Iterative Interactive Reward Learning:
Pallavi Koppol, Henny Admoni, Reid Simmons. Participatory Approaches to Machine Learning Workshop at ICML 2020.


Multi-Modal Communication for Teachable Robots

PhD Student: Roshni Kaushik
Undergraduate Students: Jaehee Kim, Peter Vanegas, Allison Moore, Mark Chen, Priyanshi Garg, Bharath Sreenivas, Adrian Thinnyun, Steven Qu

Peer tutoring, in which one student teaches material to another student, has been shown to increase learning. In particular, there can be significant learning gains for the person taking on the role of the teacher if they can engage in reflective knowledge building as they tutor. We propose that a suitable social robot could believably play the role of ignorant learner, while in reality it would already understand the concept being taught and so could subtly guide the student teacher with its behaviors and modes of interaction (often referred to as “back leading”). Just as important as helping students cognitively is to help them emotionally: providing encouragement and helping students maintain focus, build confidence, persevere, overcome frustration, etc.

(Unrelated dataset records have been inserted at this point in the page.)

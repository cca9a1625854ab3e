-- ===== src/Buyer/Owing.antt =====
-- internal/buyer/refund.go: the reversal that a refund owes, and what it leaves at the gateway.
use agent_mart.Prelude.{
  ◌≡◌, ◌⊎◌, inl, inr, refl, sym, ap, Bool, true, false, not, Option, none, some, List, [], ◌∷◌,
  arith,
}
use agent_mart.Prelude.Text.{Text, trim_space}
use agent_mart.Prelude.Result.{Result, ok, err}
use agent_mart.Prelude.Ensures.{Outcome, Ensures, Ensures-bind, Ensures-pure, Ensures-if}
use agent_mart.Wallet.{FulfillRequest, RefundResult}
use agent_mart.Buyer.World.{Account, Call, ReversalAttempt, ReverseResult, World, Trail, call}
use agent_mart.Buyer.Trail.{payments, order_of, Ensures-answer}
use agent_mart.Buyer.Refund.{
  RefundRequest, RefundOutcome, RefundService, ReverseRequest, Refunded, refund_key, credit, fresh,
  owed_reversal, reverse, outcome_of, after_row, write, record_ids, after_reverse, leg, finish,
  after_credit, refused_refund, refund, resumed_reversal,
}
use agent_mart.Prelude.{if◌then◌else◌}
use agent_mart.Buyer.Reversal.{
  Object, object_of, objects, message_key, reversal_object, Answered, Untouched, Reversed, AtMost,
  Untouched-cons, Reversed-cons, reverse_ensures, credit_ensures,
}

-- The reversal that a refund owes: that of a fresh credit, under its key, or else what the
-- database holds of an interrupted one.
abbrev pub Owed : World → RefundRequest → Account → RefundResult → ReverseRequest → Type 0
Owed w r account x q =
    (fresh x ≡ true) × (q.amount_paise ≡ x.amount_paise) × (q.idempotency_key ≡ message_key r)
    ⊎ (before : Trail) × (a : ReversalAttempt) × (w.outstanding before account.id
          (trim_space r.order_id)
        ≡ ok (some a))
      × (fresh x ≡ false)
      × (q.amount_paise ≡ a.amount_paise)
      × (q.idempotency_key ≡ a.idempotency_key)

some-injective : {A : Type 0} (a b : A) → some a ≡ some b → a ≡ b
some-injective a b h = cc

resumed_reversal-Owed :
    (w : World) (r : RefundRequest) (account : Account) (x : RefundResult)
    (found : Option ReversalAttempt) (before : Trail) (q : ReverseRequest)
    → fresh x ≡ false
    → w.outstanding before account.id (trim_space r.order_id) ≡ ok found
    → resumed_reversal account found ≡ some q
    → Owed w r account x q
resumed_reversal-Owed w r account x none before q h k e = absurd (ground arith)
resumed_reversal-Owed w r account x (some a) before q h k e =
    let same = some-injective _ q e in
    inr
      (before, a, k, h, sym (ap (λ q. q.amount_paise) same), sym (ap (λ q. q.idempotency_key) same))

module _ (ps : List FulfillRequest) (os : List Object) (s : RefundService) (w : World)
    (r : RefundRequest) (account : Account) (x : RefundResult) where
  abbrev Owes : Option ReverseRequest → Trail → Type 0
  Owes o t = Untouched ps os t × ((q : ReverseRequest) → o ≡ some q → Owed w r account x q)

  owed_reversal_ensures :
      Ensures (Untouched ps os) (owed_reversal s w account r x) Owes (λ _. Untouched ps os)
  unfolding owed_reversal refund_key
  owed_reversal_ensures =
      Ensures-if (fresh x) _ _
        (λ h. Ensures-pure _ (λ t p. (
          p,
          λ q e.
              let same = some-injective _ q e in
              inl (h, sym (ap (λ q. q.amount_paise) same), sym (ap (λ q. q.idempotency_key) same)),
        )))
        (λ h.
          Ensures-if (not s.has_recorder) _ _
            (λ _. Ensures-pure none (λ t p. (p, λ q e. absurd (ground arith))))
            (λ _.
              Ensures-bind
                (λ found t.
                  Untouched ps os t
                  × ((before : Trail) × (w.outstanding before account.id (trim_space r.order_id)
                        ≡ ok found)))
                _ _
                (Ensures-answer _ _ (λ a t k p. (Untouched-cons ps os _ t refl refl p, (t, k)))
                  (λ e t p. Untouched-cons ps os _ t refl refl p))
                (λ found. Ensures-pure _ (λ t p.
                  (p.0, λ q e. resumed_reversal-Owed w r account x found p.1.0 q h p.1.1 e)))))

  -- Nothing, or one owed reversal.
  abbrev pub ReversesOwed : Trail → Type 0
  ReversesOwed t =
      Untouched ps os t
      ⊎ (q : ReverseRequest) × Owed w r account x q × Reversed ps os (reversal_object q) t

  ReversesOwed-cons :
      (c : Call) (t : Trail)
      → order_of c ≡ none
      → object_of c ≡ none
      → ReversesOwed t
      → ReversesOwed (c ∷ t)
  ReversesOwed-cons c t h k (inl u) = inl (Untouched-cons ps os c t h k u)
  ReversesOwed-cons c t h k (inr (q, o, u)) =
      inr (q, o, Reversed-cons ps os (reversal_object q) c t h k u)

  after_row-ReversesOwed :
      (o : RefundOutcome) (next : Trail → Refunded × Trail) (row : Result (Unit {0})) (t : Trail)
      → ReversesOwed t
      → ((t : Trail) → ReversesOwed t → ReversesOwed (next t).1)
      → ReversesOwed (after_row o next (row, t)).1
  after_row-ReversesOwed o next (ok u) t h k = k t h
  after_row-ReversesOwed o next (err e) t h k = h

  write-ReversesOwed :
      (b : Bool) (o : RefundOutcome) (c : Call) (answer : Trail → Result (Unit {0}))
      (next : Trail → Refunded × Trail) (t : Trail)
      → order_of c ≡ none
      → object_of c ≡ none
      → ReversesOwed t
      → ((t : Trail) → ReversesOwed t → ReversesOwed (next t).1)
      → ReversesOwed (write b o (call c answer) next t).1
  unfolding call
  write-ReversesOwed false o c answer next t hc ho h k = k t h
  write-ReversesOwed true o c answer next t hc ho h k =
      after_row-ReversesOwed o next (answer t) (c ∷ t) (ReversesOwed-cons c t hc ho h) k

  record_ids-ReversesOwed :
      (o : RefundOutcome) (q : ReverseRequest) (y : ReverseResult) (ids : List Text) (t : Trail)
      → ReversesOwed t
      → ReversesOwed (record_ids s w o q y ids t).1
  record_ids-ReversesOwed o q y [] t h =
      write-ReversesOwed s.has_recorder o _ _ _ t refl refl h (λ t k. k)
  record_ids-ReversesOwed o q y (id ∷ ids) t h =
      write-ReversesOwed s.has_recorder o _ _ _ t refl refl h
        (λ t k. write-ReversesOwed s.has_recorder _ _ _ _ t refl refl k (λ t k. k))

  after_reverse-ReversesOwed :
      (o : RefundOutcome) (q : ReverseRequest) (answer : Result ReverseResult) (t : Trail)
      → ReversesOwed t
      → ReversesOwed (after_reverse s w o q (answer, t)).1
  after_reverse-ReversesOwed o q (ok y) t h = record_ids-ReversesOwed o q y y.refund_ids t h
  after_reverse-ReversesOwed o q (err e) t h =
      write-ReversesOwed s.has_recorder o _ _ _ t refl refl h (λ t k. k)

  answered-ReversesOwed :
      (q : ReverseRequest) (answer : Result ReverseResult) (t : Trail)
      → Owed w r account x q
      → Outcome
          (λ _. Reversed ps os (reversal_object q))
          (λ _. AtMost ps os (reversal_object q))
          answer
          t
      → ReversesOwed t
  answered-ReversesOwed q (ok y) t o h = inr (q, o, h)
  answered-ReversesOwed q (err e) t o (inl u) = inl u
  answered-ReversesOwed q (err e) t o (inr u) = inr (q, o, u)

  leg-ReversesOwed :
      (o : RefundOutcome) (owed : Result (Option ReverseRequest)) (t : Trail)
      → Outcome Owes (λ _. Untouched ps os) owed t
      → ReversesOwed (leg s w r account o (owed, t)).1
  leg-ReversesOwed o (err e) t h =
      write-ReversesOwed s.has_recorder o _ _ _ t refl refl (inl h) (λ t k. k)
  leg-ReversesOwed o (ok none) t h = inl h.0
  leg-ReversesOwed o (ok (some q)) t h =
      after_reverse-ReversesOwed o q (reverse s w q t).0 (reverse s w q t).1 (
        answered-ReversesOwed q (reverse s w q t).0 (reverse s w q t).1 (h.1 q refl)
          ((reverse_ensures ps os s w q).at t h.0))

-- Nothing, or the reversal that the answer of the wallet owes.
abbrev pub ReversesCredit :
    List FulfillRequest
    → List Object
    → World
    → RefundRequest
    → Result (Account × RefundResult)
    → Trail
    → Type 0
ReversesCredit ps os w r c t =
    Untouched ps os t
    ⊎ (account : Account) × (x : RefundResult) × (q : ReverseRequest) × (c ≡ ok (account, x))
      × Answered w r account x
      × Owed w r account x q
      × Reversed ps os (reversal_object q) t

module _ (ps : List FulfillRequest) (os : List Object) (s : RefundService) (w : World)
    (r : RefundRequest) where
  refused_refund-Untouched :
      (recording : Bool) (e : Text) (t : Trail)
      → Untouched ps os t
      → Untouched ps os (refused_refund recording w r e t).1
  refused_refund-Untouched true e t h = Untouched-cons ps os _ t refl refl h
  refused_refund-Untouched false e t h = h

  credited :
      (account : Account) (x : RefundResult) (t : Trail)
      → Answered w r account x
      → ReversesOwed ps os s w r account x t
      → ReversesCredit ps os w r (ok (account, x)) t
  credited account x t a (inl u) = inl u
  credited account x t a (inr (q, o, u)) = inr (account, x, q, refl, a, o, u)

  after_credit-ReversesCredit :
      (c : Result (Account × RefundResult)) (t : Trail)
      → Outcome (λ a t. Untouched ps os t × Answered w r a.0 a.1) (λ _. Untouched ps os) c t
      → ReversesCredit ps os w r c (after_credit s w r (c, t)).1
  after_credit-ReversesCredit (err e) t h = inl (refused_refund-Untouched s.has_recorder e t h)
  after_credit-ReversesCredit (ok (account, x)) t h =
      elim s.has_reversal
        as (λ b.
          ReversesCredit ps os w r (ok (account, x))
            (if b
              then leg s w r account (outcome_of x) (owed_reversal s w account r x t)
              else finish (outcome_of x) t).1) [
                | true ↦
                    let o = owed_reversal s w account r x t in
                    credited account x _ h.1 (
                      leg-ReversesOwed ps os s w r account x (outcome_of x) o.0 o.1
                        ((owed_reversal_ensures ps os s w r account x).at t h.0))
                | false ↦ inl h.0
              ]

-- A refund asks for no order, and for at most one object at the gateway, and for that only after
-- the wallet answered a credit of this order under the key of this message. The object has the
-- amount of a credit that the wallet just made and a receipt made of that key, or else the amount
-- and the key that the database holds of an interrupted reversal of this account's order.
pub refund-ReversesCredit :
    (s : RefundService) (w : World) (r : RefundRequest) (t : Trail)
    → ReversesCredit (payments t) (objects t) w r (credit w r t).0 (refund s w r t).1
unfolding refund
refund-ReversesCredit s w r t =
    after_credit-ReversesCredit (payments t) (objects t) s w r (credit w r t).0 (credit w r t).1
      ((credit_ensures (payments t) (objects t) w r).at t (refl, refl))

Affective Robot Behavior Improves Learning in a Sorting Game:
Roshni Kaushik and Reid Simmons. International Conference on Robot & Human Interactive Communication 2022 (RO-MAN).

Context-dependent Personalized Robot Feedback to Improve Learning:
Roshni Kaushik and Reid Simmons. Context-awareness in HRI Workshop (part of the Human-Robot Interactions Conference 2022)

Early Prediction of Student Engagement-related Events from Facial and Contextual Features:
Roshni Kaushik and Reid Simmons. International Conference on Social Robotics (ICSR) 2021.

Perception of Emotion in Torso and Arm Movements on Humanoid Robot Quori:
Roshni Kaushik and Reid Simmons, Companion of the 2021 ACM/IEEE International Conference on Human-Robot Interaction, 2021.


Human-Agent Collaboration

PhD Student: Michelle Zhao
Undergraduate Students: Timothy Hyun

In order to develop AI partners that can become effective teammates, we must endow them with basic social understanding—particularly the ability to understand humans' intentions, knowledge, and mental states. The ability to infer other humans' mental models and use those models to perform actions, make predictions, and evaluate outcomes is called Theory of Mind (ToM). This research focuses on developing algorithms for artificial agents to be able to collaborate with human partners by (i) understanding human behavior and preferences, (ii) coordinating on task strategies, and (iii) influencing mutual adaptation between agent and human. Using integrated ML approaches, including Reinforcement Learning and Behavioral Cloning (Imitation Learning), we aim to build effective robot and AI teammates with the ability to both understand the strategic preferences of their partner, and communicate their own preferences.

Adapting Language Complexity for AI-Based Assistance:
Michelle Zhao, Reid Simmons, Henny Admoni. Workshop on Lifelong Learning and Personalization in Long-Term Human-Robot Interaction at HRI 2021.


Personalized behavior models for human-AI assistance

Masters Student: Daphne Chen

In order for artificially intelligent agents to effectively work with humans in assistive settings, it is necessary for them to understand individual preferences for accomplishing different tasks. Thus in this work we aim to develop personalized models of human behavior that can learn how a human accomplishes a task within the constraints of their environment.

User-adaptive Models for Recognizing Food Preparation Activities:
Sebastian Stein and Stephen J. McKenna. 5th International Workshop on Multimedia for Cooking & Eating Activities in conjunction with the 21st ACM International Conference on Multimedia, 2013.

Modeling and Learning Constraints for Creative Tool Use:
Tesca Fitzgerald, Ashok Goel, and Andrea Thomaz. Frontiers in Robotics and AI, 2021.